▸ Exercise goal
Look for the word "arith". Copy every line of the listing where it occurs.

■ ■ ■ ■ ■

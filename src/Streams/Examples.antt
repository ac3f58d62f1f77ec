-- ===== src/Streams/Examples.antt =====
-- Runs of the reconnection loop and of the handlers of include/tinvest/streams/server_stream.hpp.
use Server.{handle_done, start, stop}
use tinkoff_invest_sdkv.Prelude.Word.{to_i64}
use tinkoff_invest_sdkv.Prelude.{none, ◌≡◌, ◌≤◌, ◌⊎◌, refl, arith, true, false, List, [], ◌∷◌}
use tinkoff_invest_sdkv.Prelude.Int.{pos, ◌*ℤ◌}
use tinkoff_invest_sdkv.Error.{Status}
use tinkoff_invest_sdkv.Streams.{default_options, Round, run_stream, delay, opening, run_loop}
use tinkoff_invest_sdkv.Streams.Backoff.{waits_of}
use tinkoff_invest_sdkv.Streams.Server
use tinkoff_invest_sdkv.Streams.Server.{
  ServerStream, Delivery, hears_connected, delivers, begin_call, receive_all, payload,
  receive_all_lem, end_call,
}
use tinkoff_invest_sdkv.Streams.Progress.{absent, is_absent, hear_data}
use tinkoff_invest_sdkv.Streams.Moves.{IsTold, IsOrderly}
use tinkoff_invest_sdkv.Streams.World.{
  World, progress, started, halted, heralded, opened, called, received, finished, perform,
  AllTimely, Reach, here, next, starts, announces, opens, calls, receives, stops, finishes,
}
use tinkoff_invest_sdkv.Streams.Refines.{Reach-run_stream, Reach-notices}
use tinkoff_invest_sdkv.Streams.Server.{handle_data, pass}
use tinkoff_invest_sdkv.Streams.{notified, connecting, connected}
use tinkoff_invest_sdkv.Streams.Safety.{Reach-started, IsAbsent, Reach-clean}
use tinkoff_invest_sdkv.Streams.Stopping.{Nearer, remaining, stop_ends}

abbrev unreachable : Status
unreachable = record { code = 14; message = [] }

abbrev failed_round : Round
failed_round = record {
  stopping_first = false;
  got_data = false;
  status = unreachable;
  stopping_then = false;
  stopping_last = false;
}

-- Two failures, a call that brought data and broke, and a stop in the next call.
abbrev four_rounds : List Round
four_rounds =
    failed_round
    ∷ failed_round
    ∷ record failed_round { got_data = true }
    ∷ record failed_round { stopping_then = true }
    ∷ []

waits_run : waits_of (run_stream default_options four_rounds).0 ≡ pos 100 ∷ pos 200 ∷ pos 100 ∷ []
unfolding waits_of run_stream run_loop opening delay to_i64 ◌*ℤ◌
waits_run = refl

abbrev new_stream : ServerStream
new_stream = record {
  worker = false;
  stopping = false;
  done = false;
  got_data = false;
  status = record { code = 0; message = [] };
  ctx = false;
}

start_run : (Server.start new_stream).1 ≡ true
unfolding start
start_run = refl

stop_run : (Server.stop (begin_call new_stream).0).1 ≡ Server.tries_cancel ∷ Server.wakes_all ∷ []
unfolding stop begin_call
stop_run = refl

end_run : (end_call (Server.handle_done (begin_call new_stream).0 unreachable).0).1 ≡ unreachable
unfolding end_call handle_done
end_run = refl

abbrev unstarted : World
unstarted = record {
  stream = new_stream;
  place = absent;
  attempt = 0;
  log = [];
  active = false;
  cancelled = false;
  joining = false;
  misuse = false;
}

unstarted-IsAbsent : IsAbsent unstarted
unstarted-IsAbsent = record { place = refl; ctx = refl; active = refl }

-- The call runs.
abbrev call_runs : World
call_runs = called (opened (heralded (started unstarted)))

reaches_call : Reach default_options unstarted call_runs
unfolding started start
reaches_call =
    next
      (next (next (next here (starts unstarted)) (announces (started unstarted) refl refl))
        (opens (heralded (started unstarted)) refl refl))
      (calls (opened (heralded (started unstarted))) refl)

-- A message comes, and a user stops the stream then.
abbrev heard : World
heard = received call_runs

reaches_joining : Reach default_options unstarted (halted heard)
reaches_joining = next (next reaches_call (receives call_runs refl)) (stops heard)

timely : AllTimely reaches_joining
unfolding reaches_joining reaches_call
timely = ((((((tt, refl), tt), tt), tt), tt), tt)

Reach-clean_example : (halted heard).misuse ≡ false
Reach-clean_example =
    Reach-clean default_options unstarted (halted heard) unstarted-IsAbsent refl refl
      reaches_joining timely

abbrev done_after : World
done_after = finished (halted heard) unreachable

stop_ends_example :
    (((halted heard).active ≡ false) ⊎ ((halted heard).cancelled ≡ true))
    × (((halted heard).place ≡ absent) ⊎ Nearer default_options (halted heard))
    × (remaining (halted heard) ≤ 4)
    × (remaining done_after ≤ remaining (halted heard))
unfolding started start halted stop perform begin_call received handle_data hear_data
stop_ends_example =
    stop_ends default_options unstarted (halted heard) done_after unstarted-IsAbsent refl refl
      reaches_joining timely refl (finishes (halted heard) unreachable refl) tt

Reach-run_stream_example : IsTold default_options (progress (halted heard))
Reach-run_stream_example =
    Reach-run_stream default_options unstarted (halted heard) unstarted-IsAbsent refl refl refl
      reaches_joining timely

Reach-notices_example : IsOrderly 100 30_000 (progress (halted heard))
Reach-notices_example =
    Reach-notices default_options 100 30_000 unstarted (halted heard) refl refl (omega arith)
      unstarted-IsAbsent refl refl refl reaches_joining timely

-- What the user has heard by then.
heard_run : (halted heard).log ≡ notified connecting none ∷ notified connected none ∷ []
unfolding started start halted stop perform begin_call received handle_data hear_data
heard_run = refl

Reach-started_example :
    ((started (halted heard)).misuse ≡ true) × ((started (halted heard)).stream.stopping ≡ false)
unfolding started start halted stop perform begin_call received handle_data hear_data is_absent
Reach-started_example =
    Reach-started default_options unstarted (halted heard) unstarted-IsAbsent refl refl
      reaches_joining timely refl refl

■ ■ ■ ■ ■

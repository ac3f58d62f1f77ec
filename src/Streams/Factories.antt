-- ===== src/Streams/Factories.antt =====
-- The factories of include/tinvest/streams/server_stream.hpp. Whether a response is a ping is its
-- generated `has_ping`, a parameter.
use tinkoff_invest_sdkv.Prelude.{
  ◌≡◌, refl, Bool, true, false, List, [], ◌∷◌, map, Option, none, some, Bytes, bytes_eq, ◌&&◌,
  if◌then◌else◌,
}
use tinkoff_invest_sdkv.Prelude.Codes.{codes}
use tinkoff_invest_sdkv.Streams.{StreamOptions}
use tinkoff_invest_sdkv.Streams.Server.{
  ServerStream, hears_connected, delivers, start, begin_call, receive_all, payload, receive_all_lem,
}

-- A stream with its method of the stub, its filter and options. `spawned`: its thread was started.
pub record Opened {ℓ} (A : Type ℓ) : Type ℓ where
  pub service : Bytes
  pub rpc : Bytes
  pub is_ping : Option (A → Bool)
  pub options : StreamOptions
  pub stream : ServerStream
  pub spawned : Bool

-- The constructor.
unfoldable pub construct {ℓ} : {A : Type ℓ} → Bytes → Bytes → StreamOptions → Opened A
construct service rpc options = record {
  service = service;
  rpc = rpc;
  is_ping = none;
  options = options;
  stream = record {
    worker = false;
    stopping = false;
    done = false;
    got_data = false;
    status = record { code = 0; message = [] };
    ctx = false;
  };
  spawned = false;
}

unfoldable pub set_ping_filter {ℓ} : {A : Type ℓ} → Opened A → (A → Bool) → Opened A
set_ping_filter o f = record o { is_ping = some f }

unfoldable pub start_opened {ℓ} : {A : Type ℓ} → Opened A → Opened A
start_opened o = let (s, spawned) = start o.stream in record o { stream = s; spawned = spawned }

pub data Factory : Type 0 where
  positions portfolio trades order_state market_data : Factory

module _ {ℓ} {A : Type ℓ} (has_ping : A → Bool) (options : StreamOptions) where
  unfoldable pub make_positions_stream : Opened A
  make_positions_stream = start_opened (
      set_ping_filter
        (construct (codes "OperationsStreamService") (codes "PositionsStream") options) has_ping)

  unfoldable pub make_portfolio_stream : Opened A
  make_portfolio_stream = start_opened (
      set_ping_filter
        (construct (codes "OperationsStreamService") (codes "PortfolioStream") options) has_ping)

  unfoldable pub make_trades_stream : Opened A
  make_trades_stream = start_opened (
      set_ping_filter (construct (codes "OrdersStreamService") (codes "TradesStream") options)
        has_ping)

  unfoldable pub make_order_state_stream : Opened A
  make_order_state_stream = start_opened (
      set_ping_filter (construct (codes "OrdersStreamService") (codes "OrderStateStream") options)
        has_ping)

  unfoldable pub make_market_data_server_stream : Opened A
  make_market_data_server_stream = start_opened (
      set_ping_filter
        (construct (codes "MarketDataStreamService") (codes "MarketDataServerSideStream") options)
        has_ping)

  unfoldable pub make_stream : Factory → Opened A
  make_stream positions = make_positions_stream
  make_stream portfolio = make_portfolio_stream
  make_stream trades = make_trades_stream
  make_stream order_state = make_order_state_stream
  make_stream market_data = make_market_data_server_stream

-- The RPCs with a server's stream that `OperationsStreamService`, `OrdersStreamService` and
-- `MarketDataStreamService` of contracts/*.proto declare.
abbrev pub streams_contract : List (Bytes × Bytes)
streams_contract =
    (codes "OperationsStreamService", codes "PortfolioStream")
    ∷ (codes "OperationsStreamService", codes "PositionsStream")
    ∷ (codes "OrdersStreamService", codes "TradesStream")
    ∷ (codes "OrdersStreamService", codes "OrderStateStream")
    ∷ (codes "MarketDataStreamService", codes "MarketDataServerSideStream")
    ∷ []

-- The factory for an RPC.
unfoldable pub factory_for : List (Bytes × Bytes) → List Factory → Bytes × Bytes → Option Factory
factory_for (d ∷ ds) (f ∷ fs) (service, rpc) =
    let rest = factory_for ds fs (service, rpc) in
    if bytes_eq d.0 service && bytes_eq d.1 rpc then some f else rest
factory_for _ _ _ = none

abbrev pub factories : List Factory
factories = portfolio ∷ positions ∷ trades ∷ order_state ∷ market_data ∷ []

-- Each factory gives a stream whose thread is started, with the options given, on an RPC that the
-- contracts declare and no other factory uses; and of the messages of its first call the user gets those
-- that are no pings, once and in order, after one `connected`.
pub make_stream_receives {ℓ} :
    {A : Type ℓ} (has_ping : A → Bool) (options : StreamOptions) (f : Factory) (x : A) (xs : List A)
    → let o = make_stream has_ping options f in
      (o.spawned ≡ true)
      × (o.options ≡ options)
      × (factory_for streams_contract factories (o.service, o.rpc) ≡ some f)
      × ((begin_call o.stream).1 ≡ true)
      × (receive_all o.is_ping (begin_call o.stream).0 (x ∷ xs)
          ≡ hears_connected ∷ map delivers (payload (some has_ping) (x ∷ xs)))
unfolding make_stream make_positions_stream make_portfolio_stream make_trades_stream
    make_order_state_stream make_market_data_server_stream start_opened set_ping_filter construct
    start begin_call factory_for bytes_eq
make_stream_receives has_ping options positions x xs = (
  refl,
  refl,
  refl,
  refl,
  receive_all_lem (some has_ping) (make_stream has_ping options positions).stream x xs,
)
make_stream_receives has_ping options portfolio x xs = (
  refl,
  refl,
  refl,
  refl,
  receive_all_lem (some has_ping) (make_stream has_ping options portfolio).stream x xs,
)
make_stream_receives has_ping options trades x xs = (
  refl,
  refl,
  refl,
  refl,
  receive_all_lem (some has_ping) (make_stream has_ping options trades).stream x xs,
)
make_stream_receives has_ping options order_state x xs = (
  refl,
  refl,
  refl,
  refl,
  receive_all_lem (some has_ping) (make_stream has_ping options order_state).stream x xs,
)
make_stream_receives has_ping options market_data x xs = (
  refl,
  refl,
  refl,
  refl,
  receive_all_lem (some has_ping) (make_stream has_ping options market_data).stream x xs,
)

■ ■ ■ ■ ■

▸ Solution to the problem
use tinkoff_invest_sdkv.Prelude.{none, ◌≡◌, ◌≤◌, ◌⊎◌, refl, arith, true, false, List, [], ◌∷◌}
    Reach-notices default_options 100 30_000 unstarted (halted heard) refl refl (omega arith)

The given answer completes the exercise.